**EXERCISE INPUT:**
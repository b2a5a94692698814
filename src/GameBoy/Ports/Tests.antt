-- ===== src/GameBoy/Ports/Tests.antt =====
-- Runs of the accesses.
use proto_time.Base.{ℕ, true, false, [], ◌∷◌, ◌≡◌, refl, ◌⊎◌, inl, arith, some, none}
use proto_time.GameBoy.Clock.{Clock, normalize_access_address, request}
use proto_time.GameBoy.Apu.State.{reset_apu}
use proto_time.GameBoy.Ports.{
  Ports, joypad_low_nibble, joypad_changed, set_joypad_state, lcd_enabled, current_ppu_mode,
  cached_register, dma_blocks_read, lcd_blocks_read, cached_read, read_memory, read_port,
  handle_memory_read,
}
use proto_time.GameBoy.Ports.Joypad.{line_is_high, high, button_requests}
use proto_time.Base.Bits.{test_bit}
use proto_time.GameBoy.Ports.Guard.{IsMemory, Guarded, Answers, reads_and_writes_kept_back}

-- The LCD is on and at the given dot of its first line.
abbrev clock_at : ℕ → Clock ℕ
clock_at dots = record {
  divider_counter = 0;
  divider_reset_events = [];
  div = 0;
  tima = 0;
  tma = 0;
  tac = 0;
  sb = 0;
  sc = 0;
  serial_transfer_active = false;
  serial_cycle_progress = 0;
  interrupt_flags = 0;
  lcdc = 0x80;
  stat = 0;
  ly = 0;
  lyc = 0;
  ppu_dot_counter = dots;
  lcd_enabled_last_tick = true;
  stat_interrupt_latched = false;
  dma_active = false;
  dma_source_base = 0;
  dma_cycle_progress = 0;
  store = 0;
}

abbrev ports_at : ℕ → Ports ℕ
ports_at dots = record {
  clock = clock_at dots;
  sound = record { apu = reset_apu true; io = λ a. 0 };
  joyp = 0xFF;
  joyp_select = 0x10;
  joypad_pressed = 0;
  dma_register = 0;
  ie = 0;
  stop_flag = false;
  executing = false;
  cycle_end_offset = 0;
}

-- Video RAM is kept back while the line is drawn, and not after it.
drawing : handle_memory_read 0x8000 (0 ∷ []) (ports_at 100) ≡ some (0xFF ∷ [])
unfolding handle_memory_read read_port read_memory cached_read cached_register
    normalize_access_address dma_blocks_read lcd_blocks_read lcd_enabled current_ppu_mode
drawing = refl

blanking : handle_memory_read 0x8000 (0 ∷ []) (ports_at 300) ≡ none
unfolding handle_memory_read read_port read_memory cached_read cached_register
    normalize_access_address dma_blocks_read lcd_blocks_read lcd_enabled current_ppu_mode
blanking = refl

-- A button that is selected is pressed: the line is low and the interrupt is requested.
pressing : (set_joypad_state 0x10 (ports_at 0)).clock.interrupt_flags ≡ 0x10
unfolding set_joypad_state joypad_changed joypad_low_nibble request
pressing = refl

reads_and_writes_kept_back_example :
    (Guarded (normalize_access_address 0xFE10) (clock_at 40)
      × Answers 0xFE10 0 7 (ports_at 40) (some (0xFF ∷ [])) (some (ports_at 40)))
    ⊎ ((¬ Guarded (normalize_access_address 0xFE10) (clock_at 40))
        × Answers 0xFE10 0 7 (ports_at 40) none none)
reads_and_writes_kept_back_example =
    reads_and_writes_kept_back 0xFE10 0 7 (ports_at 40)
      (unfold IsMemory normalize_access_address in inl (omega arith))

-- It is the first case: OAM is searched.
searching : Guarded 0xFE10 (clock_at 40)
unfolding Guarded
searching = ground arith

button_requests_example :
    (test_bit 0 (joypad_low_nibble (set_joypad_state 0x10 (ports_at 0))) ≡ false)
    × (test_bit 4 (set_joypad_state 0x10 (ports_at 0)).clock.interrupt_flags ≡ true)
button_requests_example =
    button_requests 0x10 0 (ports_at 0) (omega arith) (omega arith) (omega arith)
      (unfold high line_is_high in refl)
      (unfold high line_is_high set_joypad_state joypad_changed joypad_low_nibble request in refl)
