-- ===== src/GameGear.antt =====
-- cores/gamegear: the parts of the Game Gear that are modelled.
pub mod Cartridge
pub mod Codemasters
pub mod Rom
pub mod SaveState
pub mod Slots
mod Tests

**WORK TO BE COMPLETED:**
All lines from the beginning of the listing through the one with "abbrev ports_at : ℕ → Ports ℕ" are to be restated word for word, and only those.

**EXPECTED OUTPUT:**
repository b2a5a94692698814
filename src/GameBoy/Ports/Tests.antt
-- ===== src/GameBoy/Ports/Tests.antt =====
-- Runs of the accesses.
use proto_time.Base.{ℕ, true, false, [], ◌∷◌, ◌≡◌, refl, ◌⊎◌, inl, arith, some, none}
use proto_time.GameBoy.Clock.{Clock, normalize_access_address, request}
use proto_time.GameBoy.Apu.State.{reset_apu}
use proto_time.GameBoy.Ports.{
  Ports, joypad_low_nibble, joypad_changed, set_joypad_state, lcd_enabled, current_ppu_mode,
  cached_register, dma_blocks_read, lcd_blocks_read, cached_read, read_memory, read_port,
  handle_memory_read,
}
use proto_time.GameBoy.Ports.Joypad.{line_is_high, high, button_requests}
use proto_time.Base.Bits.{test_bit}
use proto_time.GameBoy.Ports.Guard.{IsMemory, Guarded, Answers, reads_and_writes_kept_back}

-- The LCD is on and at the given dot of its first line.
abbrev clock_at : ℕ → Clock ℕ
clock_at dots = record {
  divider_counter = 0;
  divider_reset_events = [];
  div = 0;
  tima = 0;
  tma = 0;
  tac = 0;
  sb = 0;
  sc = 0;
  serial_transfer_active = false;
  serial_cycle_progress = 0;
  interrupt_flags = 0;
  lcdc = 0x80;
  stat = 0;
  ly = 0;
  lyc = 0;
  ppu_dot_counter = dots;
  lcd_enabled_last_tick = true;
  stat_interrupt_latched = false;
  dma_active = false;
  dma_source_base = 0;
  dma_cycle_progress = 0;
  store = 0;
}

abbrev ports_at : ℕ → Ports ℕ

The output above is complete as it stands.